2012-06-08 14:44:56 UTC

Permalink

Post by John C Klensin
--On Thursday, June 07, 2012 13:47 -0600 Peter Saint-Andre

Post by Peter Saint-Andre
4. Strangely, RFC 6365 does not define "UCS", so I suppose
it's OK to define that here.

Yes, I was going to suggest that, but I wasn't sure what to propose in
its place (i.e., "ISO/IEC 10646" or "Unicode" -- the latter has the
benefit of being much more familiar to most people who would read this
specification).

Post by John C Klensin
I believe it should
get rid of the term entirely even if that means rewriting some
sentences rather than just performing string substitution. As
an example of the desirability of doing this, please read the
first paragraph of Section 2.1 [draft-ietf-iri-3987bis-11].
First, despite the earlier definition and the use of "Universal
Character Set in the Abstract [1] it notes "Universal Character
Set" in parentheses, and then cites [ISO10646]. The intervening
comma implies that those are two separate definitions, adding to
the potential confusion. Second, this definition (and the
other definitions, see [1] below) appears to pretend that
Unicode and ISO/IEC 10646 are the same, which they are not. RFC
6365 was extremely careful about the relationship, which is
another reason to use it rather then defining new terms.
There is an incidental problem about what "primarily" means in
the key sentence. There doesn't seem to be any nearby
explanation. If there isn't one, it should be dropped.
Recommendation: In Section 2.1,
The IRI syntax extends the URI syntax in [RFC3986] by
extending the class of unreserved characters, primarily
by adding the characters of the UCS (Universal Character
Set, [ISO10646]) beyond U+007F, subject...
The IRI syntax extends the URI syntax in [RFC3986] by
extending the class of unreserved characters by adding
the characters (code points) of ISO/IEC 10646
[ISO10646] outside the ASCII repertoire, subject...

Works for me.

Peter

--
Peter Saint-Andre
https://stpeter.im/

John C Klensin

2012-06-08 19:15:34 UTC

Permalink

--On Friday, June 08, 2012 08:44 -0600 Peter Saint-Andre

Post by Peter Saint-Andre
...

Post by John C Klensin
(Massive nit-pick follows, but these things actually are
important if one wants a clear and useful definition)
I don't believe 3987bis should define "UCS";

Yes, I was going to suggest that, but I wasn't sure what to
propose in its place (i.e., "ISO/IEC 10646" or "Unicode" --
the latter has the benefit of being much more familiar to most
people who would read this specification).

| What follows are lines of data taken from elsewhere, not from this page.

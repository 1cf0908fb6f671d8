-- ===== src/Runs.antt =====
-- Runs of the decoder and of the simulator on concrete programs, and the theorems at concrete inputs.
pub mod Decode
pub mod Encode
pub mod Simulate
pub mod Print
pub mod Digits
pub mod Haversine
pub mod Profile
pub mod Standalone
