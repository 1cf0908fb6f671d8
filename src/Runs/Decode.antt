-- ===== src/Runs/Decode.antt =====
-- The decoder of libdecoder_8086/libdecoder.c on concrete bytes.
use computer_enhance.Shared.{
  ℕ, ◌-◌, ◌≤◌, ◌≡◌, refl, ◌==◌, true, false, if◌then◌else◌, [], ◌∷◌, some, Outcome, ok, ◌>>=◌, ◌⊎◌,
  arith,
}
use computer_enhance.Decoder.Types.{
  DecodedInstruction, Instruction, Register, mov_inst, sub_inst, reg_cx, reg_bx, reg_si, max_reg,
  reset_instruction, register_index,
}
use computer_enhance.Decoder.Extract.{Buffer, sign_extend}
use computer_enhance.Decoder.Maps.{register_map, register_name, instruction_name}
use computer_enhance.Decoder.Parse.{decode_bitstream}
use computer_enhance.Decoder.Totality.{decode_bitstream-total, is_supported}
use computer_enhance.Decoder.Locality.Extracted.{SameUpTo}
use computer_enhance.Decoder.Locality.{decode_bitstream-local}
use computer_enhance.Decoder.Print.{
  text, print_decoded_instruction, dst_pieces, src_pieces, register_label, decorator,
}
use computer_enhance.Decoder.Disassemble.{
  fitting_line, print_line, decode_line, add_line, next_lines, disassemble,
}
use computer_enhance.Decoder.Disassemble.Prefix.{disassemble-local}
use computer_enhance.Decoder.Encoding.Decodes.{decoded}

-- The bytes of `mov cx, bx`, then zeros.
abbrev moving : Buffer
moving i = some (if i == 0 then 0x89 else if i == 1 then 0xd9 else 0)

brief : Outcome (ℕ × DecodedInstruction) → Outcome (ℕ × Instruction × Register × Register × ℕ)
brief o = o >>= λ p. ok (p.0, p.1.op, p.1.dst_register, p.1.src_register, p.1.src_data)

-- mov cx, bx
decoded-mov :
    brief (decoded (0x89 ∷ 0xd9 ∷ []) reset_instruction) ≡ ok (2, mov_inst, reg_cx, reg_bx, 0)
unfolding decoded brief register_map
decoded-mov = refl

-- sub si, -2
decoded-sub :
    brief (decoded (0x83 ∷ 0xee ∷ 0xfe ∷ []) reset_instruction)
    ≡ ok (3, sub_inst, reg_si, max_reg, 0xfffe)
unfolding decoded brief register_map sign_extend
decoded-sub = refl

moved : (i : DecodedInstruction) × (decode_bitstream moving reset_instruction ≡ ok (2, i))
unfolding decoded
moved = (_, refl)

decode_bitstream-total_example :
    (n : ℕ) × (i : DecodedInstruction) × (decode_bitstream moving reset_instruction ≡ ok (n, i))
    × (((is_supported 0x89 ≡ true) × (1 ≤ n))
        ⊎ ((is_supported 0x89 ≡ false) × (n ≡ 0) × (i ≡ reset_instruction)))
decode_bitstream-total_example =
    decode_bitstream-total moving 0x89 reset_instruction (λ i h. (_, refl)) refl (omega arith)

-- The same two bytes, then others.
abbrev moving_on : Buffer
moving_on i = some (if i == 0 then 0x89 else if i == 1 then 0xd9 else 0x90)

same_bytes : SameUpTo (2 - 1) moving moving_on
same_bytes i h = ground arith

decode_bitstream-local_example :
    ((◌≡◌ {A = ℕ} 2 0 × (moved.0 ≡ reset_instruction))
      ⊎ ((1 ≤ 2) × (2 ≤ 6) × (moved.0.inst_num_bytes ≡ 2)))
    × (decode_bitstream moving_on reset_instruction ≡ ok (2, moved.0))
decode_bitstream-local_example =
    decode_bitstream-local moving moving_on reset_instruction 2 moved.0 moved.1 same_bytes

-- mov cx, bx and the rest of its line
two_bytes :
    disassemble 2 moving 0 2 reset_instruction
    ≡ some (
        ok (
          (text "mov" ∷ text " " ∷ text "" ∷ text "cx" ∷ text ", " ∷ text "" ∷ text "bx" ∷ [])
          ∷ []))
unfolding disassemble decode_line print_line fitting_line next_lines add_line decoded register_map
    print_decoded_instruction dst_pieces src_pieces register_label decorator register_name
    register_index instruction_name
two_bytes = refl

disassemble-local_example :
    disassemble 2 moving_on 0 2 reset_instruction
    ≡ some (
        ok (
          (text "mov" ∷ text " " ∷ text "" ∷ text "cx" ∷ text ", " ∷ text "" ∷ text "bx" ∷ [])
          ∷ []))
disassemble-local_example =
    disassemble-local 2 moving moving_on 0 2 reset_instruction
      ((text "mov" ∷ text " " ∷ text "" ∷ text "cx" ∷ text ", " ∷ text "" ∷ text "bx" ∷ []) ∷ [])
      two_bytes (λ k h. ground arith)
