-- ===== src/Runs/Digits.antt =====
-- data_gen with digits for doubles, printed with leading zeros, and two rows of them.
use computer_enhance.Shared.{
  ℕ, zero, suc, ◌+◌, ◌*◌, ◌/◌, ◌%◌, ◌<◌, ◌≡◌, refl, ap, ◌∙◌, ◌==◌, not, false, ltb, List, [], ◌∷◌,
  length, Option, none, some, arith,
}
use computer_enhance.DataGen.Doubles.{Doubles}
use computer_enhance.DataGen.Items.{DataItem, ItemStore}
use computer_enhance.DataGen.Store.Arrays.{ItemArray}
use computer_enhance.DataGen.Store.Chain.{IsFresh}
use computer_enhance.DataGen.Parse.{Flags}
use computer_enhance.DataGen.Generate.{get_random_data, draw_item, next_item, first_generator}
use computer_enhance.DataGen.RoundTrip.Scans.{Avoids}
use computer_enhance.DataGen.RoundTrip.Rows.{IsRead, IsReadItem}
use computer_enhance.DataGen.RoundTrip.Texts.{drawn, generated}
use computer_enhance.DataGen.RoundTrip.Files.{AreRead}

-- So many zeros and a digit.
unfoldable pub zeros : ℕ → ℕ → List ℕ
zeros zero digit = digit ∷ []
zeros (suc n) digit = b'0' ∷ zeros n digit

unfoldable pub last_digit : List ℕ → Option ℕ
last_digit [] = none
last_digit (b ∷ []) = some (b % 48)
last_digit (b ∷ c ∷ text) = last_digit (c ∷ text)

-- Digits for doubles, with a sum for the distance.
abbrev pub digits : Doubles
digits = record {
  Double = ℕ;
  zero_value = 0;
  less = ltb;
  equal = λ a b. a == b;
  plus = λ a b. a + b;
  over = λ a n. a / n;
  differs = λ a b. not (a == b);
  difference = λ a b. a;
  times = λ a n. (a + n) % 10;
  rand_max = 1;
  reference_haversine = λ x0 y0 x1 y1. x0 + y0 + x1 + y1;
  scan = last_digit;
  print = λ x. zeros 17 (b'0' + x);
}

abbrev pub rand : ℕ → ℕ
rand n = 3 * n + 1

-- The two rows that are drawn of it.
abbrev pub two_items : List (DataItem ℕ)
two_items =
    record { x0 = 3; y0 = 6; x1 = 9; y1 = 2 } ∷ record { x0 = 5; y0 = 8; x1 = 1; y1 = 4 } ∷ []

pub two_items-generated : generated digits rand false 2 ≡ two_items
unfolding generated drawn next_item draw_item get_random_data first_generator
two_items-generated = refl

pub zeros-Avoids :
    (target n digit : ℕ)
    → (b'0' == target) ≡ false
    → (digit == target) ≡ false
    → Avoids target (zeros n digit)
unfolding zeros
zeros-Avoids target zero digit zero_other other = (other, tt)
zeros-Avoids target (suc n) digit zero_other other =
    (zero_other, zeros-Avoids target n digit zero_other other)

pub length-zeros : (n digit : ℕ) → length (zeros n digit) ≡ suc n
unfolding zeros
length-zeros zero digit = refl
length-zeros (suc n) digit = omega (arith, length-zeros n digit)

pub last_digit-zeros : (n digit : ℕ) → last_digit (zeros n digit) ≡ some (digit % 48)
unfolding zeros last_digit
last_digit-zeros zero digit = refl
last_digit-zeros (suc zero) digit = refl
last_digit-zeros (suc (suc n)) digit = last_digit-zeros (suc n) digit

pub digit-IsRead : (x : ℕ) → x < 10 → IsRead digits x x
digit-IsRead x h = record {
  no_comma = zeros-Avoids b',' 17 (b'0' + x) refl (ground arith);
  no_brace = zeros-Avoids b'}' 17 (b'0' + x) refl (ground arith);
  no_end = zeros-Avoids 0 17 (b'0' + x) refl (ground arith);
  short = omega (arith, length-zeros 17 (b'0' + x));
  read =
      let value : (b'0' + x) % 48 ≡ x = omega arith in
      last_digit-zeros 17 (b'0' + x) ∙ ap some value;
}

pub digits-IsReadItem :
    (item : DataItem ℕ)
    → item.x0 < 10
    → item.y0 < 10
    → item.x1 < 10
    → item.y1 < 10
    → IsReadItem digits item item
digits-IsReadItem item h0 h1 h2 h3 = record {
  x0 = digit-IsRead item.x0 h0;
  y0 = digit-IsRead item.y0 h1;
  x1 = digit-IsRead item.x1 h2;
  y1 = digit-IsRead item.y1 h3;
}

abbrev pub zero_item : DataItem ℕ
zero_item = record { x0 = 0; y0 = 0; x1 = 0; y1 = 0 }

abbrev pub unset : ℕ → Flags
unset n = record { x0 = false; y0 = false; x1 = false; y1 = false }

-- data_array with room for three items, and a malloc that returns every 32nd address.
abbrev pub three_places : ItemArray (DataItem ℕ)
three_places = record { data_array = λ i. zero_item; item_estimate = 3; data_item_count = 0 }

abbrev pub bump : ℕ → Option ℕ
bump n = some (32 * n + 64)

pub some_injective : (a b : ℕ) → some a ≡ some b → a ≡ b
some_injective a b e = cc e

pub bump-IsFresh : IsFresh bump
bump-IsFresh i j p e f =
    omega (arith, some_injective (32 * i + 64) p e, some_injective (32 * j + 64) p f)

pub two_items-AreRead :
    (store : ItemStore (DataItem ℕ))
    → AreRead digits store (generated digits rand false 2) two_items
two_items-AreRead store = rw two_items-generated (
  digits-IsReadItem (record { x0 = 3; y0 = 6; x1 = 9; y1 = 2 }) (omega arith) (omega arith)
      (omega arith) (omega arith),
  (
    digits-IsReadItem (record { x0 = 5; y0 = 8; x1 = 1; y1 = 4 }) (omega arith) (omega arith)
        (omega arith) (omega arith),
    tt,
  ),
)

As long as we are talking about either code points or
repertoires they are pretty much interchangeable (as I hope
everyone reading this knows). It seems to me it would be
rational to pick whatever term would be most familiar to the
audience, insert a parenthetical or other note on first use that
points to the other one (and maybe says "same for code points
and repertoire"), and then just move on and be consistent.

john

Martin J. Dürst

2012-10-20 07:39:48 UTC

Permalink

Hello Peter, others,

Implemented in my editorial copy. Many thanks for the actual text proposal.

Post by Peter Saint-Andre
2. Don't define anew in rfc3987bis terms that are defined in RFC 6365.
- character
- character repertoire

Done.

Post by Peter Saint-Andre
- character encoding (use "character encoding scheme" or "character
encoding form" instead)
- charset

These two are not that simple. For background, please check
http://www.w3.org/TR/charmod/#sec-Digital.

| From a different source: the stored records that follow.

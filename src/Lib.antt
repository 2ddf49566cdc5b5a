-- ===== src/Lib.antt =====
-- iog: a gateway that carries the TCP connections of a local application through one connection
-- between a client and a server (Rust, tokio). The application connects to the server (or is
-- reached by the client); every connection is a link with a 16-bit identifier; its data travels in
-- packets with a 16-byte header, compressed from 1 KB on; the client authenticates by a challenge.
--
-- How the parts interact. A gateway of either side (gateway/server.rs, gateway/client.rs) holds a
-- base gateway (gateway/mod.rs) with a registry of links (gateway/link.rs), counters and
-- statistics (gateway/consts.rs). The base writes and reads packets (gateway/packet.rs), passes
-- payloads through gateway/compression.rs, reads into buffers of gateway/buffer_pool.rs and
-- records what it does (gateway/metrics.rs). The server authenticates a client (gateway/auth.rs),
-- keeps its session (gateway/session_store.rs), routes new application connections to it with
-- `Open`, and runs one loop per client and one per link; the client mirrors these loops.
--
-- Files, with paths from src/:
--   Packet and below          gateway/packet.rs: PacketGW, PacketType, to_bytes, from_bytes
--   Compression               gateway/compression.rs: compress_data, decompress_data
--   Auth                      gateway/auth.rs: compute_response, verify_response
--   Statistics                gateway/consts.rs: GatewayState, ConnectionStatistics
--   Link                      gateway/link.rs: Link and its methods
--   BufferPool                gateway/buffer_pool.rs: acquire and the Drop of a buffer; Growth for
--                             the capacities
--   Metrics                   gateway/metrics.rs: the calls that reach the collectors; Server for
--                             what its HTTP server answers
--   Configuration             configuration.rs, consts.rs: the mode and validate
--   SessionStore              gateway/session_store.rs: save_session to session_count; File for
--                             persist_session_id and load_session_id
--   Gateway                   gateway/mod.rs: state, counters, registry
--   Gateway/Send, Receive     gateway/mod.rs: send_gw_packet, send_pong, read_gw_packet
--   Gateway/Loops             the forwarding loops of either side, any number at once
--   Gateway/Drop              a link removed and closed, as the exchange loops do it
--   Server                    gateway/server.rs: GatewayServer; Handshake for
--                             authenticate_client, Sessions for handle_gateway_connection,
--                             on_disconnection and shutdown, Exchange for client_exchange, Links
--                             for remove_link and cleanup_client, App for handle_app_connection
--                             and app_exchange, Life for the tasks of its clients from one
--                             lock to the next, Routing for the tasks that change the
--                             routes and the registry, Listen for listen_gateway,
--                             listen_app and run
--   Client                    gateway/client.rs: GatewayClient; Handshake for gw_authenticate,
--                             Connection for on_connection, the ping loop, on_disconnection and
--                             shutdown, Exchange for gateway_exchange and connect_client, App for
--                             app_exchange, Lifecycle for connect_gateway and run
--   Report                    print_stats of gateway/client.rs and gateway/server.rs
--   Format                    gateway/utils.rs: format_bytes
--   Program                   main.rs: main and the commands of the operator
--   Handshake, Relay          the two sides against each other: one packet, and a connection from
--                             its first read to its end as a pipe, by a Sender and a
--                             Receiver that both sides fill (Relay/Pipe, Relay/Stream); and any
--                             number of connections over one stream, by a Writer and a Reader
--                             (Relay/Mux), of the tasks in Server/Traffic and Client/Traffic
--   Prelude, Map, Bytes, Text shared lists and tests, HashMap, bytes and words, str::trim
--   Transport                 the socket halves of tokio as interfaces, with their laws
--   Tests                     concrete streams, codec and tags, and examples of the theorems
--
-- Conventions. Numbers are natural numbers with wrap-around written out; a byte sequence is a list.
-- An async method is a function from the old state to its result and the new state: what it does
-- between two points where other tasks may run is one step, and where an interleaving matters
-- (handle_app_connection) the method is cut there. Server/Life is a client's task from its
-- authentication to its end, with any other task between two of its locks; Server/Routing are the
-- tasks that take the lock of the routes and that of the registry, one after the other.
-- A shared object behind an Arc is a place in a store: links in `heap`, write halves in `writers`. An
-- I/O error is `none` or `false`, as the callers only ask whether there was one. The zstd crate,
-- HMAC-SHA256, the socket halves, the file system and the uuid crate are parameters; the laws
-- assumed of them are ZstdLaws, HmacLaws, WriteLaws, ReadLaws, FilesLaws and UuidLaws. Random
-- nonces, session identifiers, the clock and timeouts are arguments.
--
-- Fuel. The exchange loops of server and client have fuel, one unit for each packet read. A packet
-- takes at least its header of 16 bytes off the stream, so one unit for every 16 bytes and one more
-- are enough on a stream that ends. All other loops are recursion on a list.
--
-- Floating point. format_bytes divides a f64 by 1024: the model keeps the natural number before all
-- divisions, rounded to 53 bits as the conversion from u64 does, and rounds ties to even where the
-- number is printed. The counters of the metrics add with the same rounding to 53 bits
-- (Gateway/Agreement).
--
-- Not modelled: signals, the command line and logging; the layout of what print_stats prints;
-- reading the configuration file, whose result main takes: these are input and output without state
-- of the protocol. The sockets of the listeners and of the HTTP server show as what they gave.
-- Durations in the metrics are left out. Traits of gateway/operations.rs only forward to the base
-- gateway.
pub mod Prelude
pub mod Map
pub mod Bytes
pub mod Text
pub mod Statistics
pub mod Packet
pub mod Compression
pub mod Auth
pub mod Transport
pub mod Link
pub mod BufferPool
pub mod Metrics
pub mod Configuration
pub mod SessionStore
pub mod Gateway
pub mod Server
pub mod Client
pub mod Handshake
pub mod Relay
pub mod Report
pub mod Format
pub mod Program
pub mod Tests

Here is what we currently have for "character encoding":
A method of representing a sequence
of characters as a sequence of octets (maybe with variants). Also,
a method of (unambiguously) converting a sequence of octets into a
sequence of characters.

The problem with 'charset' as defined in RFC 6365 (and elsewhere) is
that it's purely one-way, from octets to characters. But there's the
other direction, too.

The problem with "character encoding scheme" or "character encoding
form" is that they are much more specialized terms.

RFC 6365 has this to say after the definition of "charset":

Many protocol definitions use the term "character set" in their
descriptions. The terms "charset", or "character encoding scheme"
and "coded character set", are strongly preferred over the term
"character set" because "character set" has other definitions in
other contexts, particularly outside the IETF. When reading IETF
standards that use "character set" without defining the term, they
usually mean "a specific combination of one CCS with a CES",
particularly when they are talking about the "US-ASCII character
set".

Of course, per and http://www.w3.org/MarkUp/html-spec/charset-harmful
and as above, we sure don't want to use "character set". And we indeed
want something to denote "a specific combination of one CCS with a CES"
(or in some cases actually a combination of more than one CCS...), so
neither "coded character set" (CCS) nor "character encoding scheme"
(CES) will do, despite the suggestions above. So we just ended up with
"character encoding", using a simple term for a very central concept,
also in line with http://www.w3.org/TR/charmod/.

As a result of this, we only use "charset" when it's used as a label,
with a narrowed definition: "The name of a parameter or attribute used
to identify a character encoding."

I guess we could just drop the narrowing definition of "charset", but we
can't drop "character encoding".

Post by Peter Saint-Andre
3. Do we really need to define "octet", "sequence of characters", and
"sequence of octets"?

Good questions. RFC 6365 uses "octet" without defining it, so I guess we
can drop it. I think we can also drop "sequence of characters" and
"sequence of octets", but I'd like to get Larry's okay for these.

Post by Peter Saint-Andre
4. Strangely, RFC 6365 does not define "UCS", so I suppose it's OK to
define that here.

Following discussions later in this thread, I'm trying to get rid of
this. But it needs some more thought.

Regards, Martin.